Thanks for your help.

Let's go one at a time. For the second question, part a) you know that $p_A(A)=0$ but $p_A(x)=x^n+\cdots+\det(A)$ so this says $A^n+\cdots+\det(A)I=0$ . How can you use this to get an expression for $A^{-1}$ ?

**shimara** · October 12th 2011, 03:53 PM

Originally Posted by Drexel28

Let's go one at a time. For the second question, part a) you know that $p_A(A)=0$ but $p_A(x)=x^n+\cdots+\det(A)$ so this says $A^n+\cdots+\det(A)I=0$ . How can you use this to get an expression for $A^{-1}$ ?

Thanks,
$A^n+\cdots+\det(A)I=0$
$A(A^{n-1}+\cdots)= -\det(A)I$

$A^{-1} = \frac{A^{n-1}+\cdots}{-\det(A)I}$

I am sorry about this, I think it is wrong.

**HallsofIvy** · October 12th 2011, 03:57 PM

Almost- you don't want that "I" in the denominator: $A\frac{A^{n-1}+\cdot\cdot\cdot}{-det(A)}= I$ .

**shimara** · October 12th 2011, 04:01 PM

Originally Posted by HallsofIvy

Almost- you don't want that "I" in the denominator: $A\frac{A^{n-1}+\cdot\cdot\cdot}{-det(A)}= I$ .

Oh yeah, thanks, so

$A^{-1}= -(\det(A))^{-1} (A^{n-1} + \cdot \cdot \cdot)$

for part b, n=2

Let $A= \begin{bmatrix} a & b\\c & d \end{bmatrix}$

$p(A)=A^2-(a+d)A+(ad-bc)=0$

So $A^{-1}= -(\det(A))^{-1} (A^{2-1} +I)$

But this does not give me the correct $A^{-1}$ for a 2x2 matrix.

**Deveno** · October 12th 2011, 05:49 PM

you are not quite applying the formula correctly.

$p(A) = A^2 - (a+d)A + \det(A)I = 0$

$A^2 - (a+d)A = -\det(A)I$

$\left(\frac{-1}{\det(A)}\right)(A - (a+d)I)A = I$ , so

$A^{-1} = -(\det(A))^{-1}(A - (a+d)I)$

does that look any better?

**shimara** · October 12th 2011, 06:03 PM

Thank You Deveno, it works now.

I am still having trouble with the other question though.

**Deveno** · October 12th 2011, 06:28 PM

what do you have so far?

**shimara** · October 12th 2011, 06:56 PM

nothing, that is why I need a little help.

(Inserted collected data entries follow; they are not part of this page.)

-- ===== src/RoomCreate/Examples.antt =====
-- The theorems at a room of version 12 that replaces another.
use mtxclient.Shared.{
  ◌≡◌, refl, String, true, none, some, [], ◌∷◌, arith, str_eq, if◌then◌else◌, pos, negsuc, lookup,
}
use mtxclient.Samples.{sample_json, sample_writer, sample_writer-laws, obj, field, none_left, int}
use mtxclient.Json.{find, get_text, get_bool}
use mtxclient.PowerLevels.{PowerLevels, default_levels, user_level}
use mtxclient.PowerLevels.Stored.{read_levels, write_levels}
use mtxclient.PowerLevels.Stored.Roundtrip.{FitInt64, DecideSame, read_levels-write_levels}
use mtxclient.RoomCreate.{CreateContent, read_previous, created_by, read_create, write_create}
use mtxclient.RoomCreate.Roundtrip.{read_create-write_create}
use mtxclient.RoomCreate.Levels.{user_level-stored}

abbrev space : CreateContent
space = record {
  room_type = some "m.space";
  federate = true;
  room_version = "12";
  predecessor = some (record { room_id = "!old:example.org"; event_id = "" });
  additional_creators = "@bob:example.org" ∷ [];
}

abbrev levels : PowerLevels
levels = record default_levels { users = ("@carol:example.org", negsuc 4) ∷ [] }

-- A type that is no text is passed over, and a room without a version has version 1.
read_run :
    read_create sample_json (obj (field "type" (int (pos 3)) none_left))
    ≡ some (record {
      room_type = none;
      federate = true;
      room_version = "1";
      predecessor = none;
      additional_creators = [];
    })
unfolding read_create find get_text get_bool lookup
read_run = refl

-- A predecessor without a room is an error.
error_run : read_create sample_json (obj (field "predecessor" (obj none_left) none_left)) ≡ none
unfolding read_create read_previous find get_text get_bool lookup
error_run = refl

levels-FitInt64 : FitInt64 levels
levels-FitInt64 = record {
  ban_fits = omega arith;
  invite_fits = omega arith;
  kick_fits = omega arith;
  redact_fits = omega arith;
  events_default_fits = omega arith;
  users_default_fits = omega arith;
  state_default_fits = omega arith;
  events_fit = tt;
  users_fit = (omega arith, tt);
  notifications_fit = tt;
}

read_create-write_create_example :
    read_create sample_json (write_create sample_json sample_writer space)
    ≡ some (record space { room_version = if str_eq "12" "" then "1" else "12" })
read_create-write_create_example =
    read_create-write_create sample_json sample_writer sample_writer-laws space

user_level-stored_example :
    (new : PowerLevels) × (again : CreateContent) × (read_levels sample_json
        (write_levels sample_json sample_writer levels)
      ≡ some new)
    × (read_create sample_json (write_create sample_json sample_writer space) ≡ some again)
    × ((sender user_id : String)
        → user_level new user_id (created_by sender again)
          ≡ user_level levels user_id (created_by sender space))
user_level-stored_example =
    user_level-stored sample_json sample_writer sample_writer-laws levels space levels-FitInt64

read_levels-write_levels_example :
    (new : PowerLevels) × (read_levels sample_json (write_levels sample_json sample_writer levels)
      ≡ some new)
    × DecideSame levels new
read_levels-write_levels_example =
    read_levels-write_levels sample_json sample_writer sample_writer-laws levels levels-FitInt64
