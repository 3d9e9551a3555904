-- ===== src/Spaces.antt =====
-- lib/structs/events/spaces.cpp and include/mtx/events/spaces.hpp: the events that put rooms into spaces.
pub mod Roundtrip
mod Examples
use mtxclient.Shared.{
  String, Bool, true, false, not, ◌&&◌, ◌||◌, ltb, Option, none, some, List, [], ◌∷◌, Map, map,
  if◌then◌else◌,
}
use Prim.Native.Char.{code}
use Prim.Native.String.{len}
use mtxclient.Libraries.Json.{JsonLibrary, JsonWriter}
use mtxclient.Json.{find, get_text, get_bool, get_array, texts_of, value_in, ◌>>=◌}
use mtxclient.Json.Fields.{given_field}

pub record Parent : Type 0 where
  pub via : Option (List String)
  pub canonical : Bool

pub record Child : Type 0 where
  pub via : Option (List String)
  pub order : Option String
  pub suggested : Bool

-- The loop of `is_valid_order_str`; a byte above 0x7F is negative there, and a letter above it here.
unfoldable pub are_printable : String → Bool
are_printable String.[] = true
are_printable (String.◌∷◌ c order) =
    not (ltb (code c) 0x20 || ltb 0x7E (code c)) && are_printable order

unfoldable pub is_valid_order_str : String → Bool
is_valid_order_str order = if ltb 50 (len order) then false else are_printable order

module _ (json : JsonLibrary) where
  abbrev via_of : Option (List json.Json) → Option (Option (List String))
  via_of none = some none
  via_of (some []) = some none
  via_of (some (v ∷ items)) = texts_of json (v ∷ items) >>= λ via. some (some via)

  -- `contains("via") && at("via").is_array() && !at("via").empty()`
  abbrev pub via_in : Option json.Json → Option (Option (List String))
  via_in none = some none
  via_in (some v) = via_of (get_array json v)

  abbrev flag_of : Option Bool → Bool
  flag_of none = false
  flag_of (some b) = b

  abbrev pub canonical_in : Option json.Json → Bool
  canonical_in none = false
  canonical_in (some v) = flag_of (get_bool json v)

  abbrev order_of : Option String → Option String
  order_of none = none
  order_of (some order) = if is_valid_order_str order then some order else none

  abbrev pub order_in : Option json.Json → Option String
  order_in none = none
  order_in (some v) = order_of (get_text json v)

  -- `from_json` of a `Parent`
  unfoldable pub read_parent : json.Json → Option Parent
  read_parent obj = do
    via ← via_in (find json "via" obj)
    some (record { via = via; canonical = canonical_in (find json "canonical" obj) })

  -- `from_json` of a `Child`
  unfoldable pub read_child : json.Json → Option Child
  read_child obj = do
    via ← via_in (find json "via" obj)
    suggested ← value_in json (get_bool json) false "suggested" (json.view obj)
    some (record { via = via; order = order_in (find json "order" obj); suggested = suggested })

module _ (json : JsonLibrary) (writer : JsonWriter json) where
  -- An event without `via` is written without any field.
  abbrev pub via_fields : Option (List String) → Map json.Json → Map json.Json
  via_fields none rest = []
  via_fields (some []) rest = []
  via_fields (some (server ∷ via)) rest =
      ("via", writer.array (map writer.text (server ∷ via))) ∷ rest

  abbrev pub order_field : Option String → Map json.Json → Map json.Json
  order_field none rest = rest
  order_field (some order) rest =
      given_field json writer (is_valid_order_str order) "order" (writer.text order) rest

  abbrev pub parent_fields : Parent → Map json.Json
  parent_fields parent =
      via_fields parent.via
        (given_field json writer parent.canonical "canonical" (writer.flag true) [])

  -- `to_json` of a `Parent`
  unfoldable pub write_parent : Parent → json.Json
  write_parent parent = writer.object (parent_fields parent)

  abbrev pub last_field : Bool → Map json.Json
  last_field suggested = given_field json writer suggested "suggested" (writer.flag true) []

  -- `to_json` of a `Child`
  unfoldable pub write_child : Child → json.Json
  write_child child =
      writer.object (via_fields child.via (order_field child.order (last_field child.suggested)))
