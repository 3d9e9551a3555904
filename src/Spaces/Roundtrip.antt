-- ===== src/Spaces/Roundtrip.antt =====
-- The events of a space, written and read back.
use mtxclient.Shared.{
  String, ◌≡◌, refl, Bool, true, false, Option, none, some, List, [], ◌∷◌, Map, map, lookup, str_eq,
  if◌then◌else◌,
}
use mtxclient.Libraries.Json.{JsonLibrary, JsonWriter, JsonLaws}
use mtxclient.Json.{get_bool, get_array, read_field}
use mtxclient.Json.Laws.{find-object, get_text-text, get_bool-flag, texts_of-texts}
use mtxclient.Json.Fields.{given_field, lookup-given_field, value-object}
use mtxclient.Spaces.{
  Parent, Child, is_valid_order_str, via_in, canonical_in, order_in, read_parent, read_child,
  via_fields, order_field, last_field, write_parent, write_child,
}

-- What is left of an event that is written: nothing where no server is listed, and an order that is valid.
abbrev pub valid_order : Option String → Option String
valid_order none = none
valid_order (some order) = if is_valid_order_str order then some order else none

abbrev pub kept_parent : Option (List String) → Bool → Parent
kept_parent none canonical = record { via = none; canonical = false }
kept_parent (some []) canonical = record { via = none; canonical = false }
kept_parent (some (server ∷ via)) canonical = record {
  via = some (server ∷ via);
  canonical = canonical;
}

abbrev pub kept_child : Option (List String) → Option String → Bool → Child
kept_child none order suggested = record { via = none; order = none; suggested = false }
kept_child (some []) order suggested = record { via = none; order = none; suggested = false }
kept_child (some (server ∷ via)) order suggested = record {
  via = some (server ∷ via);
  order = valid_order order;
  suggested = suggested;
}

module _ (json : JsonLibrary) (writer : JsonWriter json) (laws : JsonLaws json writer) where
  via-read :
      (server : String) (via : List String)
      → via_in json (some (writer.array (map writer.text (server ∷ via))))
        ≡ some (some (server ∷ via))
  unfolding get_array
  via-read server via =
      rw
        (
          laws.view_array (map writer.text (server ∷ via)),
          texts_of-texts json writer laws (server ∷ via),
        )
        refl

  canonical-read :
      (canonical : Bool)
      → canonical_in json
          (lookup "canonical" (given_field json writer canonical "canonical" (writer.flag true) []))
        ≡ canonical
  unfolding lookup
  canonical-read true = rw (get_bool-flag json writer laws true) refl
  canonical-read false = refl

  suggested-read :
      (suggested : Bool)
      → read_field json
          (get_bool json)
          false
          (lookup "suggested" (last_field json writer suggested))
        ≡ some suggested
  unfolding lookup
  suggested-read true = get_bool-flag json writer laws true
  suggested-read false = refl

  last-other :
      (key : String) (suggested : Bool)
      → str_eq "suggested" key ≡ false
      → lookup key (last_field json writer suggested) ≡ none
  unfolding lookup
  last-other key suggested h =
      lookup-given_field json writer laws suggested "suggested" key (writer.flag true) [] h

  order_if :
      (valid : Bool) (order : String) (rest : Map json.Json)
      → (if valid then is_valid_order_str order ≡ true else Unit)
      → lookup "order" rest ≡ none
      → order_in json
          (lookup "order" (given_field json writer valid "order" (writer.text order) rest))
        ≡ (if valid then some order else none)
  unfolding lookup
  order_if true order rest h gone = rw (get_text-text json writer laws order, h) refl
  order_if false order rest h gone = rw gone refl

  order-read :
      (order : Option String) (suggested : Bool)
      → order_in json
          (lookup "order" (order_field json writer order (last_field json writer suggested)))
        ≡ valid_order order
  order-read none suggested = rw (last-other "order" suggested refl) refl
  order-read (some order) suggested =
      order_if (is_valid_order_str order) order (last_field json writer suggested)
        (valid (is_valid_order_str order) refl) (last-other "order" suggested refl)
    where
      valid :
          (b : Bool)
          → is_valid_order_str order ≡ b
          → (if b then is_valid_order_str order ≡ true else Unit)
      valid true h = h
      valid false h = tt

  order-skip :
      (order : Option String) (suggested : Bool)
      → lookup "suggested" (order_field json writer order (last_field json writer suggested))
        ≡ lookup "suggested" (last_field json writer suggested)
  order-skip none suggested = refl
  order-skip (some order) suggested =
      lookup-given_field json writer laws (is_valid_order_str order) "order" "suggested"
        (writer.text order) (last_field json writer suggested) refl

  parent-back :
      (via : Option (List String)) (canonical : Bool)
      → read_parent json (
          writer.object (
            via_fields json writer via
              (given_field json writer canonical "canonical" (writer.flag true) [])))
        ≡ some (kept_parent via canonical)
  unfolding read_parent lookup
  parent-back none canonical =
      rw (find-object json writer laws "via" [], find-object json writer laws "canonical" []) refl
  parent-back (some []) canonical =
      rw (find-object json writer laws "via" [], find-object json writer laws "canonical" []) refl
  parent-back (some (server ∷ via)) canonical =
      let fields : Map json.Json =
        via_fields json writer (some (server ∷ via))
          (given_field json writer canonical "canonical" (writer.flag true) []) in
      rw
        (
          find-object json writer laws "via" fields,
          via-read server via,
          find-object json writer laws "canonical" fields,
          canonical-read canonical,
        )
        refl

  child-none : read_child json (writer.object []) ≡ some (kept_child none none false)
  unfolding read_child lookup
  child-none =
      rw
        (
          find-object json writer laws "via" [],
          value-object json writer laws (get_bool json) false "suggested" [],
          find-object json writer laws "order" [],
        )
        refl

  child-back :
      (via : Option (List String)) (order : Option String) (suggested : Bool)
      → read_child json (
          writer.object (
            via_fields json writer via
              (order_field json writer order (last_field json writer suggested))))
        ≡ some (kept_child via order suggested)
  unfolding read_child lookup
  child-back none order suggested = child-none
  child-back (some []) order suggested = child-none
  child-back (some (server ∷ via)) order suggested =
      let fields : Map json.Json =
        via_fields json writer (some (server ∷ via))
          (order_field json writer order (last_field json writer suggested)) in
      rw
        (
          find-object json writer laws "via" fields,
          via-read server via,
          value-object json writer laws (get_bool json) false "suggested" fields,
          order-skip order suggested,
          suggested-read suggested,
          find-object json writer laws "order" fields,
          order-read order suggested,
        )
        refl

  -- The events of a space that are written are read back: a parent or a child without servers has nothing
  -- else, and an order of a child that is not valid is dropped.
  pub read_child-write_child :
      (parent : Parent) (child : Child)
      → (read_parent json (write_parent json writer parent)
          ≡ some (kept_parent parent.via parent.canonical))
        × (read_child json (write_child json writer child)
            ≡ some (kept_child child.via child.order child.suggested))
  unfolding write_parent write_child
  read_child-write_child parent child =
      (parent-back parent.via parent.canonical, child-back child.via child.order child.suggested)
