-- ===== src/Spaces/Examples.antt =====
-- The theorem at a child whose order is not valid.
use mtxclient.Shared.{◌≡◌, refl, true, false, some, [], ◌∷◌}
use mtxclient.Samples.{sample_json, sample_writer, sample_writer-laws}
use mtxclient.Spaces.{
  Parent, Child, is_valid_order_str, are_printable, read_parent, write_parent, read_child,
  write_child,
}
use mtxclient.Spaces.Roundtrip.{kept_parent, kept_child, read_child-write_child}

abbrev parent : Parent
parent = record { via = some ("example.org" ∷ []); canonical = true }

abbrev child : Child
child = record { via = some ("example.org" ∷ []); order = some "tab\t"; suggested = true }

order_run :
    (is_valid_order_str "tab\t" ≡ false)
    × (is_valid_order_str "a~ z" ≡ true)
    × (is_valid_order_str "" ≡ true)
unfolding is_valid_order_str are_printable
order_run = (refl, refl, refl)

read_child-write_child_example :
    (read_parent sample_json (write_parent sample_json sample_writer parent)
      ≡ some (kept_parent parent.via parent.canonical))
    × (read_child sample_json (write_child sample_json sample_writer child)
        ≡ some (kept_child child.via child.order child.suggested))
read_child-write_child_example =
    read_child-write_child sample_json sample_writer sample_writer-laws parent child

**Deveno** · October 12th 2011, 07:22 PM

well, you know x is an eigenvector for A, and y is an eigenvector for B^T, what can you do with that?

**shimara** · October 13th 2011, 05:48 AM

I have been trying to think about that but nothing comes to mind immediately.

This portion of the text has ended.